### Exercise requirements
Your job is to set down the stretch of entries that opens with the line containing "s.device_states state) _ h1 in" and closes with the line containing "let (state, members, found, written)". Keep both end lines, copy each exactly, and add nothing.
[[ Records provided open ]]
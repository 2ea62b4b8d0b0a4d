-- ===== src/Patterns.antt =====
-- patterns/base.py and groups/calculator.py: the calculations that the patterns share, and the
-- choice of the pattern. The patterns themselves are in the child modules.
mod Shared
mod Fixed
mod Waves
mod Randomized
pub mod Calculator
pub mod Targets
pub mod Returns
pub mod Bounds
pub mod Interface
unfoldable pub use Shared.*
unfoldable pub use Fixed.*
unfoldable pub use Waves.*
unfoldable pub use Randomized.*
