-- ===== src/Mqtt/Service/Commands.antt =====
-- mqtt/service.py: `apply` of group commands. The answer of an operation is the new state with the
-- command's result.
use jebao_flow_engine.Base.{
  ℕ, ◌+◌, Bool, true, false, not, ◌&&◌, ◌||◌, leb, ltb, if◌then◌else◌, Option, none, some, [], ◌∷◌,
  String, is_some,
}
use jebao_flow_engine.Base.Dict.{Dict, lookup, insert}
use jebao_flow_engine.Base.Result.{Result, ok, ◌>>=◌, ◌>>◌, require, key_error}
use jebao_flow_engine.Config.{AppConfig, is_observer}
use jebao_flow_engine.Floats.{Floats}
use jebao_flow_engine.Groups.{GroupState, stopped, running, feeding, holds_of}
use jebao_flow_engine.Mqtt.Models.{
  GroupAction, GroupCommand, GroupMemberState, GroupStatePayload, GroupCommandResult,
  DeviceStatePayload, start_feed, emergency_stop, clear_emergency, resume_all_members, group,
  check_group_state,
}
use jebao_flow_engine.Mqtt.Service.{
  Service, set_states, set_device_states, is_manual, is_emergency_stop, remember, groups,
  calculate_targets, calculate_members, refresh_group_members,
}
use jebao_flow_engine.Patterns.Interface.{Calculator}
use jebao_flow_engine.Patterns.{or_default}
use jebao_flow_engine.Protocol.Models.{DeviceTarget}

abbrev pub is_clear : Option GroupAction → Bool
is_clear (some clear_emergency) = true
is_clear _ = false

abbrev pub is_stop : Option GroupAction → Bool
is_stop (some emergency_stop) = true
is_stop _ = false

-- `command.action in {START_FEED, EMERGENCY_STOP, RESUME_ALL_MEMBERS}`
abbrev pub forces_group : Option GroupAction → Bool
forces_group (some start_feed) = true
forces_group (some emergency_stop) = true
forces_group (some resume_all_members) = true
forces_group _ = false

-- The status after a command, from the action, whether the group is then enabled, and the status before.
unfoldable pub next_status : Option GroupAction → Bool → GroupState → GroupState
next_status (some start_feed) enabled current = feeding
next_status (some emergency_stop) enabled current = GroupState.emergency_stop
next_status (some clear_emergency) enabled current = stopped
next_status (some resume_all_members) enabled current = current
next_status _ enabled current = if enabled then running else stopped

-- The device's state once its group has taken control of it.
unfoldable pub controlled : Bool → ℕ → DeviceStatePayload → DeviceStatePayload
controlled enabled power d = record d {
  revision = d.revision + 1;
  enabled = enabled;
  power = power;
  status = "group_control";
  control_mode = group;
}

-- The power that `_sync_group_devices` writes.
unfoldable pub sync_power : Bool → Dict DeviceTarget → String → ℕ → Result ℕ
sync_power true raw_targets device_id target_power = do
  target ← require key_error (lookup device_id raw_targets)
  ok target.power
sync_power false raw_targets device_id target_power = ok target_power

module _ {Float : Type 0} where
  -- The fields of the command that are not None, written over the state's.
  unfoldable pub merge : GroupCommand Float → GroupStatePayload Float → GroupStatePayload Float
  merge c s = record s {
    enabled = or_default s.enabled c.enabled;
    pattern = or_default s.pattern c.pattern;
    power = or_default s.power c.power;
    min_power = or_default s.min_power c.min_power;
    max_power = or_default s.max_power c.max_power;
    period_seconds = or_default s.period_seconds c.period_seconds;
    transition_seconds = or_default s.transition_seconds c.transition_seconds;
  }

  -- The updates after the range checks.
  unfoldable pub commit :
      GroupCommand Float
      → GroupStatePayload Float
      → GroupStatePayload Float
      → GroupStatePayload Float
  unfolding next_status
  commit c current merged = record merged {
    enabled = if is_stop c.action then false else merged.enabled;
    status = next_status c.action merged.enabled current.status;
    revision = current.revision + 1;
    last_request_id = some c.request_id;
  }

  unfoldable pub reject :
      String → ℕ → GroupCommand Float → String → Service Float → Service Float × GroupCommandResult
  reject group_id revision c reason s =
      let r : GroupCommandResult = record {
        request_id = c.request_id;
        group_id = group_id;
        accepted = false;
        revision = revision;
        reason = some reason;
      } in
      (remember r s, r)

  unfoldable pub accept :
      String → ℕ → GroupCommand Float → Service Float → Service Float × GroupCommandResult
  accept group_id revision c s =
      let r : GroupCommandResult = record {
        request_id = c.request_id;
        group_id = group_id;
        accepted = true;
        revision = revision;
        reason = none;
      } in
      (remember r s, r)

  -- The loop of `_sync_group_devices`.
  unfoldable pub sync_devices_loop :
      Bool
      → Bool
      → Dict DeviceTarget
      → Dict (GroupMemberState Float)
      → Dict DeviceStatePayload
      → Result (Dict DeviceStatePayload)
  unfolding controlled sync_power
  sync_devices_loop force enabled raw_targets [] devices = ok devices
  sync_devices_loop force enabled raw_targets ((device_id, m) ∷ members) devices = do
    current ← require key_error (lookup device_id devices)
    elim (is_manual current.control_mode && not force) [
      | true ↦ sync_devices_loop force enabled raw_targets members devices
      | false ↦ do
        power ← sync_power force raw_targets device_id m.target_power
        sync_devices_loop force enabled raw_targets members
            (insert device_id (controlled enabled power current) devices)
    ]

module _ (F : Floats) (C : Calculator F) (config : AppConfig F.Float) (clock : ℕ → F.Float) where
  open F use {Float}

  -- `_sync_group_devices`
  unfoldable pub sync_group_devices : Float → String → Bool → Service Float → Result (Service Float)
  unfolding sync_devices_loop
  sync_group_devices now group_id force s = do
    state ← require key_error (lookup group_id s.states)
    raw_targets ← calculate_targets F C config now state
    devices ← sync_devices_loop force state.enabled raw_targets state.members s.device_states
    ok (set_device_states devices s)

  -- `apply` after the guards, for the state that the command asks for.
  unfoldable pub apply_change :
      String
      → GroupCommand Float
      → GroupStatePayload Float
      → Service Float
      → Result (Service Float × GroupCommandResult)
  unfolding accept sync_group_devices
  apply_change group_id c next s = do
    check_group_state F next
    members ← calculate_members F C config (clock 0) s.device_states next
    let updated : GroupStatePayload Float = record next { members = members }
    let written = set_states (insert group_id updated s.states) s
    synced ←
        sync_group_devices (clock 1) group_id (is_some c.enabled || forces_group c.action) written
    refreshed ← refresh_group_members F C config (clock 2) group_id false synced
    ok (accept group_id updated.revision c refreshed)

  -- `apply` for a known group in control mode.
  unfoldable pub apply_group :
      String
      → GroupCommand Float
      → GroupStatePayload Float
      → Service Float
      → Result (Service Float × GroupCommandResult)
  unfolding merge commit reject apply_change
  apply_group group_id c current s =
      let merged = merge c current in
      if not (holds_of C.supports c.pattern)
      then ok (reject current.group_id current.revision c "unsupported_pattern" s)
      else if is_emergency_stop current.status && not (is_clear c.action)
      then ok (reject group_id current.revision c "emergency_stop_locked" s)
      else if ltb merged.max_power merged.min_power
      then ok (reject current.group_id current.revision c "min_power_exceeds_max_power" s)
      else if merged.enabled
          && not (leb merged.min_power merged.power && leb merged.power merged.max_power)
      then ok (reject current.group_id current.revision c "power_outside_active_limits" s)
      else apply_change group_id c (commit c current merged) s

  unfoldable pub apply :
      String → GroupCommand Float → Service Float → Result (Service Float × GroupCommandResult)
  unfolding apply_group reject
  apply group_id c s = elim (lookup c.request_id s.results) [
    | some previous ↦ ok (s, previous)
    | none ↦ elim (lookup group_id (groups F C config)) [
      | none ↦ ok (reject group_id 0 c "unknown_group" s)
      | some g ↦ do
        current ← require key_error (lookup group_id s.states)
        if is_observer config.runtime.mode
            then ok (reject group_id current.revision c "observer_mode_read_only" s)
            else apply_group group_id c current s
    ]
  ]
[[ Records provided closed ]]
[[ Records provided open ]]
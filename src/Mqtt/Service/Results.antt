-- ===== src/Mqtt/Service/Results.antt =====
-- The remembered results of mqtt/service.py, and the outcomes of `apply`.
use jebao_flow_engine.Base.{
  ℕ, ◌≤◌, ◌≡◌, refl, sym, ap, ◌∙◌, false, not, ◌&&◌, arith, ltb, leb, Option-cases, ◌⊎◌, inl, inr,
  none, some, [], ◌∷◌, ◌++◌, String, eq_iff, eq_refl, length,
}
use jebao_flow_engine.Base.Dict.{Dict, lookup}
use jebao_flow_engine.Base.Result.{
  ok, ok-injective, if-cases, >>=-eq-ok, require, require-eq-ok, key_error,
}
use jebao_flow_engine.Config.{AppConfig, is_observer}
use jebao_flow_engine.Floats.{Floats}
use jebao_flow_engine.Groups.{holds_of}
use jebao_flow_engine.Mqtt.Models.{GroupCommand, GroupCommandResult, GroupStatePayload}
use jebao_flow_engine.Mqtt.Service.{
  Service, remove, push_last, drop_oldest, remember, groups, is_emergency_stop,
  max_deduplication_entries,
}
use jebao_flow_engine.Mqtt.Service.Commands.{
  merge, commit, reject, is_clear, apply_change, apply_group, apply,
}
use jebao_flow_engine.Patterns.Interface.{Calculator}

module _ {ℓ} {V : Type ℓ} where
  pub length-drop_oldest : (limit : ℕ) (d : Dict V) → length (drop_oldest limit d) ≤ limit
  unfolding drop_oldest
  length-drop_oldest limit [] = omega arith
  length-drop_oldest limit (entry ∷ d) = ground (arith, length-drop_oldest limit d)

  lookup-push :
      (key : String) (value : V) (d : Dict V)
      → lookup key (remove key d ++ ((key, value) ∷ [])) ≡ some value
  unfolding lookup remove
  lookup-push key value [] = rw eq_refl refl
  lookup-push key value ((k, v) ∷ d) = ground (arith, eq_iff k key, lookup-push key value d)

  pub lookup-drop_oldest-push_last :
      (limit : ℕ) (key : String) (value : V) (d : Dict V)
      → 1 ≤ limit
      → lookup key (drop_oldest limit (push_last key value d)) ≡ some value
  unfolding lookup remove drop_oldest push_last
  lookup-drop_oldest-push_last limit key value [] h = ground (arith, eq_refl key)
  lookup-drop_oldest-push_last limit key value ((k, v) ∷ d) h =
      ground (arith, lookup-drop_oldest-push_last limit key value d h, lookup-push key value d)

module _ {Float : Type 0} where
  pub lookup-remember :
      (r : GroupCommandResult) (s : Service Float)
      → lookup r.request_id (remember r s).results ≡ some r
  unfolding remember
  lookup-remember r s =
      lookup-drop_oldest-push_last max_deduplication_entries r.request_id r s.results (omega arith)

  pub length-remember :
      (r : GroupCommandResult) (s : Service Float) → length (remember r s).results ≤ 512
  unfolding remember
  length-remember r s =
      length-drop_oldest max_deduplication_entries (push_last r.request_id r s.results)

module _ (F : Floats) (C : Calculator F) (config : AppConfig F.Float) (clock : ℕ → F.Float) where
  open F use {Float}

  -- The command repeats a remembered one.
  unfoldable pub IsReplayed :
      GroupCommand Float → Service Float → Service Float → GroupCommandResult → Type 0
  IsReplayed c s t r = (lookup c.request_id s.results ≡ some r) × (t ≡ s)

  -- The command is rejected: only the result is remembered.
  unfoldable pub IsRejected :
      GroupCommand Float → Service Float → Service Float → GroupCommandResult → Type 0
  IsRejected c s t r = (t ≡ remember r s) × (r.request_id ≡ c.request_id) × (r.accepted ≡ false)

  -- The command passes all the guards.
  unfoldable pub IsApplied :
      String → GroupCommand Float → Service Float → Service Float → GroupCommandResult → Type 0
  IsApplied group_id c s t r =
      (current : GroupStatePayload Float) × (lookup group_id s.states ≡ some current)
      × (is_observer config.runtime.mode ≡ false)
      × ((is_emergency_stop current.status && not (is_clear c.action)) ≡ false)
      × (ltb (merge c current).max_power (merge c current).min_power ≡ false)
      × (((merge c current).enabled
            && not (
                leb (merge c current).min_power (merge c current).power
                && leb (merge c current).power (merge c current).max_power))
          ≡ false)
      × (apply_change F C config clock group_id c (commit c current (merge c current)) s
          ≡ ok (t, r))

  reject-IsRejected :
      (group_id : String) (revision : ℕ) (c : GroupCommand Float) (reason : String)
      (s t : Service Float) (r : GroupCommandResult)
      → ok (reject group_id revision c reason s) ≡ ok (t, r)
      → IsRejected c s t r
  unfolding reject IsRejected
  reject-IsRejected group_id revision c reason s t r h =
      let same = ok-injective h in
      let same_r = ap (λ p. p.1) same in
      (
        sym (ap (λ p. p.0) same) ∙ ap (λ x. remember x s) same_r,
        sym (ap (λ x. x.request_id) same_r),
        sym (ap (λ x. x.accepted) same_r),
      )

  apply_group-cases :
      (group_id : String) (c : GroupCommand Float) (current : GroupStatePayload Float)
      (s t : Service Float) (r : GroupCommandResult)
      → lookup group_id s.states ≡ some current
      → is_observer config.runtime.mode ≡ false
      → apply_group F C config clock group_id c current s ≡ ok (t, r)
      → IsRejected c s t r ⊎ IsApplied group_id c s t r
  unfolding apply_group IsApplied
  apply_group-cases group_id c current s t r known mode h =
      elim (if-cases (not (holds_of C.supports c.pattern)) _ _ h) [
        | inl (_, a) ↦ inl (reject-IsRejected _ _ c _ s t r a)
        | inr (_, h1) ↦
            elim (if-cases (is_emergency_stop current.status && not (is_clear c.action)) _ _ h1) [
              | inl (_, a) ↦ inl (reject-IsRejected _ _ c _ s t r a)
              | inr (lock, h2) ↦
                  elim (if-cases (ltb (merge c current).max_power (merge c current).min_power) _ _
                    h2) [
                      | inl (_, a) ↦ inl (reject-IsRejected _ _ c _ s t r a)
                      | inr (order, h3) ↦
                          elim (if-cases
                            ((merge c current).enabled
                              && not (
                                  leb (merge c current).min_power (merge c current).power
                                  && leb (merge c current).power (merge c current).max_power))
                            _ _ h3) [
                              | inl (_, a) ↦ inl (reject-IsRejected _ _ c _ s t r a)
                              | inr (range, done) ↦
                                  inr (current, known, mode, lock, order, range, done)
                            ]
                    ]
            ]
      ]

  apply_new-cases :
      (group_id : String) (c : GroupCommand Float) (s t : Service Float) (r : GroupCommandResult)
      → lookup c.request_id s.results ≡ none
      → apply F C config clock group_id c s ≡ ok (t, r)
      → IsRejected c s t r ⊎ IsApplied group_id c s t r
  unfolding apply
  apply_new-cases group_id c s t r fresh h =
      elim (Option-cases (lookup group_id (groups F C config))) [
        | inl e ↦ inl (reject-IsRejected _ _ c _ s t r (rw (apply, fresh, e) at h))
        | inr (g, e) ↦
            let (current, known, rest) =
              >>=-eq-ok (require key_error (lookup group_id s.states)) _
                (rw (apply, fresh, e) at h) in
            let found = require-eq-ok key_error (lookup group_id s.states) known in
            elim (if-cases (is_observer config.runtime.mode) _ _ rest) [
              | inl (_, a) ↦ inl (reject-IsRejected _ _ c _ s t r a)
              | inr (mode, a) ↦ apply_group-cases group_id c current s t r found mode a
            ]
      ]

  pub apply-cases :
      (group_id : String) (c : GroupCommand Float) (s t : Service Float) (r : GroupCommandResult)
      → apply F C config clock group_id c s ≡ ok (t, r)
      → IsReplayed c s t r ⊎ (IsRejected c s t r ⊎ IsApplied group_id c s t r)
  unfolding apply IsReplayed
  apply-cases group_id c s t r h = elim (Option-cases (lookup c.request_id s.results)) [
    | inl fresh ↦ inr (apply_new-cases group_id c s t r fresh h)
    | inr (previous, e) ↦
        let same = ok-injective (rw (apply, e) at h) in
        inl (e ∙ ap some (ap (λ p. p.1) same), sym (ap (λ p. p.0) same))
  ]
[[ Records provided closed ]]
[[ Records provided open ]]
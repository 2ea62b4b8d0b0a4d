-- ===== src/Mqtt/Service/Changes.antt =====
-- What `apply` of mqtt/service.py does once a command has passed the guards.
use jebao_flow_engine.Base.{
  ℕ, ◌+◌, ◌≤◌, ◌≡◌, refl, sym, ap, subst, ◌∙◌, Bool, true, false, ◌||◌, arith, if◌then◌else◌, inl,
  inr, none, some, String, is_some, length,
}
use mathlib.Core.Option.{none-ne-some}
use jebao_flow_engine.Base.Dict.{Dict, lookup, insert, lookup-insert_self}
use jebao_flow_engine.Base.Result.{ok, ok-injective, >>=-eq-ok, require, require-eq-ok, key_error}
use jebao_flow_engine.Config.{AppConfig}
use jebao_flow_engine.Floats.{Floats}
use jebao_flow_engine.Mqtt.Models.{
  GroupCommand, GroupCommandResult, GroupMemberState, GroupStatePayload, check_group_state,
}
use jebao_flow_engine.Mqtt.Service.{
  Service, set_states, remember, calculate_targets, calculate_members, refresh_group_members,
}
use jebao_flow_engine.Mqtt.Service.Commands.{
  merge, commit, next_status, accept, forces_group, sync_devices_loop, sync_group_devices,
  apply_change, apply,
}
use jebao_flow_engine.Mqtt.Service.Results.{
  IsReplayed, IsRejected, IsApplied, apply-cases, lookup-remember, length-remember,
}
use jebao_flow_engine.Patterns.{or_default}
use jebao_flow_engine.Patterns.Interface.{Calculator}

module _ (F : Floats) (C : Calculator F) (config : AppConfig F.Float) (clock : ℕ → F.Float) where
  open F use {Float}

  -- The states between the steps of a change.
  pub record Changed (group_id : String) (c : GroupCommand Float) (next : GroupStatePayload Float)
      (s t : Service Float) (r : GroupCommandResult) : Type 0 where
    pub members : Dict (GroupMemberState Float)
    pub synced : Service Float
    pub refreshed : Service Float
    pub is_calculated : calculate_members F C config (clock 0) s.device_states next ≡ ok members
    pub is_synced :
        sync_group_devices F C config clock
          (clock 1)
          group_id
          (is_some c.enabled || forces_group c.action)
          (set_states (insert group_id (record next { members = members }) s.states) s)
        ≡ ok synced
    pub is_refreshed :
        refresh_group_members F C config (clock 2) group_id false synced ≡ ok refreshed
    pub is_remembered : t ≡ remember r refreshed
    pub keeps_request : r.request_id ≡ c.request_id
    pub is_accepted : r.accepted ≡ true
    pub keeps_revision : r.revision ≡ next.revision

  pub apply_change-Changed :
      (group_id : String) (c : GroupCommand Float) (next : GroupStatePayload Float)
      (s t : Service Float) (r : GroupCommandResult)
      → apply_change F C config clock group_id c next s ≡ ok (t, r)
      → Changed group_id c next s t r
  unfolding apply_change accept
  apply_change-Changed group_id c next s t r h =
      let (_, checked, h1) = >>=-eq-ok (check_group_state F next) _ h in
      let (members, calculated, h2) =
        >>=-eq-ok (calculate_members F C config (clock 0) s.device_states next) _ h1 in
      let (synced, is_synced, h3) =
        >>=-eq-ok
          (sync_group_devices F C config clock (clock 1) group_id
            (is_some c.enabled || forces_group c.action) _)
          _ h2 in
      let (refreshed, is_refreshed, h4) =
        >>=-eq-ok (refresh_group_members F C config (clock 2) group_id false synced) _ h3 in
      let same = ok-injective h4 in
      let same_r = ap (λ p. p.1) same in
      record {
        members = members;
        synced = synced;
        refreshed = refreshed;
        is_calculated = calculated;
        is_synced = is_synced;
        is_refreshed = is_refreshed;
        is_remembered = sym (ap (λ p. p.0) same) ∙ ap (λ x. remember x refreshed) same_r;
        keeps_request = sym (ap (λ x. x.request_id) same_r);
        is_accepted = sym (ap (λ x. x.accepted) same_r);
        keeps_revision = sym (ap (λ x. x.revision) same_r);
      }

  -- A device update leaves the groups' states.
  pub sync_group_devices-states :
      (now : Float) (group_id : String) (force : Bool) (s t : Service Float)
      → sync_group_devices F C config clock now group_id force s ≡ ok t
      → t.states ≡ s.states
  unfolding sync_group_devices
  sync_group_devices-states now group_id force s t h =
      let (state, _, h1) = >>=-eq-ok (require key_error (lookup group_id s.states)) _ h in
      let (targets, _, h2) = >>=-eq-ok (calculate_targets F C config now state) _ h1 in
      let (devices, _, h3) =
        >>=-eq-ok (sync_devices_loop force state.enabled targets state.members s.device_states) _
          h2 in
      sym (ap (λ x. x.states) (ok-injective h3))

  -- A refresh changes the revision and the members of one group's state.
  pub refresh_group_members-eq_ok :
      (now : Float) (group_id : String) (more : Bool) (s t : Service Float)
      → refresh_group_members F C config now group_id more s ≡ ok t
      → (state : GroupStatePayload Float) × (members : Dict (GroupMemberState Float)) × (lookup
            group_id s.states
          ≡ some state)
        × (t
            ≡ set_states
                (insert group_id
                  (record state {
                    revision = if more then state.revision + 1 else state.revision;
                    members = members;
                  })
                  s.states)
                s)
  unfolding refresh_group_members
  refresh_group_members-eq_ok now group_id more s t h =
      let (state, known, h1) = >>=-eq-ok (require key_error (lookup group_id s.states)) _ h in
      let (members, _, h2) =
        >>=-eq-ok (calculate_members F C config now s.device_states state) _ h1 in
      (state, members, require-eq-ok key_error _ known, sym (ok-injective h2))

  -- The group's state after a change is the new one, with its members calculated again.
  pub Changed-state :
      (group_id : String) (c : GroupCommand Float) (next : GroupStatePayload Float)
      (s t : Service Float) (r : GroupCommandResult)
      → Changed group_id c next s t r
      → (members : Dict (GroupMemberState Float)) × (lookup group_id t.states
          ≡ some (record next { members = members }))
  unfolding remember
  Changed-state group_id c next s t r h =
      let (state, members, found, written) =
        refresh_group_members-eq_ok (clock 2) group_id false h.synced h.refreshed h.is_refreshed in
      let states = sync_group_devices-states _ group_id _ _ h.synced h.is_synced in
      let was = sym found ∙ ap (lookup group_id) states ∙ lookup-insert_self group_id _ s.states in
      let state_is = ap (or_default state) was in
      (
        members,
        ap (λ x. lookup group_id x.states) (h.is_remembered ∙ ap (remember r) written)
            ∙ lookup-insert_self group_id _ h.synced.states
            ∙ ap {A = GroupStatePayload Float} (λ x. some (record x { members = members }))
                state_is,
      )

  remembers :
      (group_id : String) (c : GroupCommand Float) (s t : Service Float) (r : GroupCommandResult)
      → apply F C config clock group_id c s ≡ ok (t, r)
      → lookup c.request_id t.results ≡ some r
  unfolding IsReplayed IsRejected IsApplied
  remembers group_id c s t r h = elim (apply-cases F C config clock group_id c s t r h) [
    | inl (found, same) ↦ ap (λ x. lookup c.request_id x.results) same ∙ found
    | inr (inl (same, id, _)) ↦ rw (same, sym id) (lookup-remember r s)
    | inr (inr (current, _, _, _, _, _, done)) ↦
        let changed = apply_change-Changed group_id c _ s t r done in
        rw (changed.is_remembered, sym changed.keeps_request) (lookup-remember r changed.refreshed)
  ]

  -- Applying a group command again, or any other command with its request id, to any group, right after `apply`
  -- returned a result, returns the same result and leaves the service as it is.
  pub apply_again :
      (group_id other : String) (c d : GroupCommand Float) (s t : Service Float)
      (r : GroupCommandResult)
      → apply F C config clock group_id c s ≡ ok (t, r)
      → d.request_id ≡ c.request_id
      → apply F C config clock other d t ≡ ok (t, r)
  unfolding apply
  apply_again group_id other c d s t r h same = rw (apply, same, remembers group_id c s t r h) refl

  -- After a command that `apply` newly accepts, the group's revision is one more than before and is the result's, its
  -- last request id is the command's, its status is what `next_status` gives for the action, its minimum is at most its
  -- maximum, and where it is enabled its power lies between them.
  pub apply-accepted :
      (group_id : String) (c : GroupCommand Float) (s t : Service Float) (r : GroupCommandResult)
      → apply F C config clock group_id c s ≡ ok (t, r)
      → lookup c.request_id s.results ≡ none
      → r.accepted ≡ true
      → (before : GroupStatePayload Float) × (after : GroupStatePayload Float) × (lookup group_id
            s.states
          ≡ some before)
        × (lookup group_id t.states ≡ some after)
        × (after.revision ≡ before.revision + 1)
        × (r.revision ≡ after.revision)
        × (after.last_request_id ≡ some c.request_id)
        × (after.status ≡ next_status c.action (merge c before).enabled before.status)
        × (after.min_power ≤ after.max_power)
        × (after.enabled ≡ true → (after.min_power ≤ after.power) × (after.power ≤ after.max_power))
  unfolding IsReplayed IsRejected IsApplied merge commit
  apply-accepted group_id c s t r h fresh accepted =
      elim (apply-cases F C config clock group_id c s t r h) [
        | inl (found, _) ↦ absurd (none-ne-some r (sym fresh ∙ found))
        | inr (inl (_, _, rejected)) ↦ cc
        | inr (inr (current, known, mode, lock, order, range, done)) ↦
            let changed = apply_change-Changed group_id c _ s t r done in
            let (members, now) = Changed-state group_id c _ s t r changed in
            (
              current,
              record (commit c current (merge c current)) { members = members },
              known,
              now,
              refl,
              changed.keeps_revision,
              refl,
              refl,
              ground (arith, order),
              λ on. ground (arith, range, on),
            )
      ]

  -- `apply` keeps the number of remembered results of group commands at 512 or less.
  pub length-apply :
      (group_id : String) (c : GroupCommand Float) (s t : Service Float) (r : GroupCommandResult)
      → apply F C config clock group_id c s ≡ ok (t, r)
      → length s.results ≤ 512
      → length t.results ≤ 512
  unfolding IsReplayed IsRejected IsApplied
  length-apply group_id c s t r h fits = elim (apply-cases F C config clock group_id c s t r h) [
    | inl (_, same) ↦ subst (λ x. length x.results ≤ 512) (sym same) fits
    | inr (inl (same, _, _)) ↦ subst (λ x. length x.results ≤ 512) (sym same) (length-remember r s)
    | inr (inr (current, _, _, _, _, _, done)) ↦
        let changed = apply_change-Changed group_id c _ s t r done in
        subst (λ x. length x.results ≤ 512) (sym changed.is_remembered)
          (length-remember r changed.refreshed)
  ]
[[ Records provided closed ]]
### Task answer
        >>=-eq-ok (calculate_members F C config now s.device_states state) _ h1 in
      (state, members, require-eq-ok key_error _ known, sym (ok-injective h2))

  -- The group's state after a change is the new one, with its members calculated again.
  pub Changed-state :
      (group_id : String) (c : GroupCommand Float) (next : GroupStatePayload Float)
      (s t : Service Float) (r : GroupCommandResult)
      → Changed group_id c next s t r
      → (members : Dict (GroupMemberState Float)) × (lookup group_id t.states
          ≡ some (record next { members = members }))
  unfolding remember
  Changed-state group_id c next s t r h =
      let (state, members, found, written) =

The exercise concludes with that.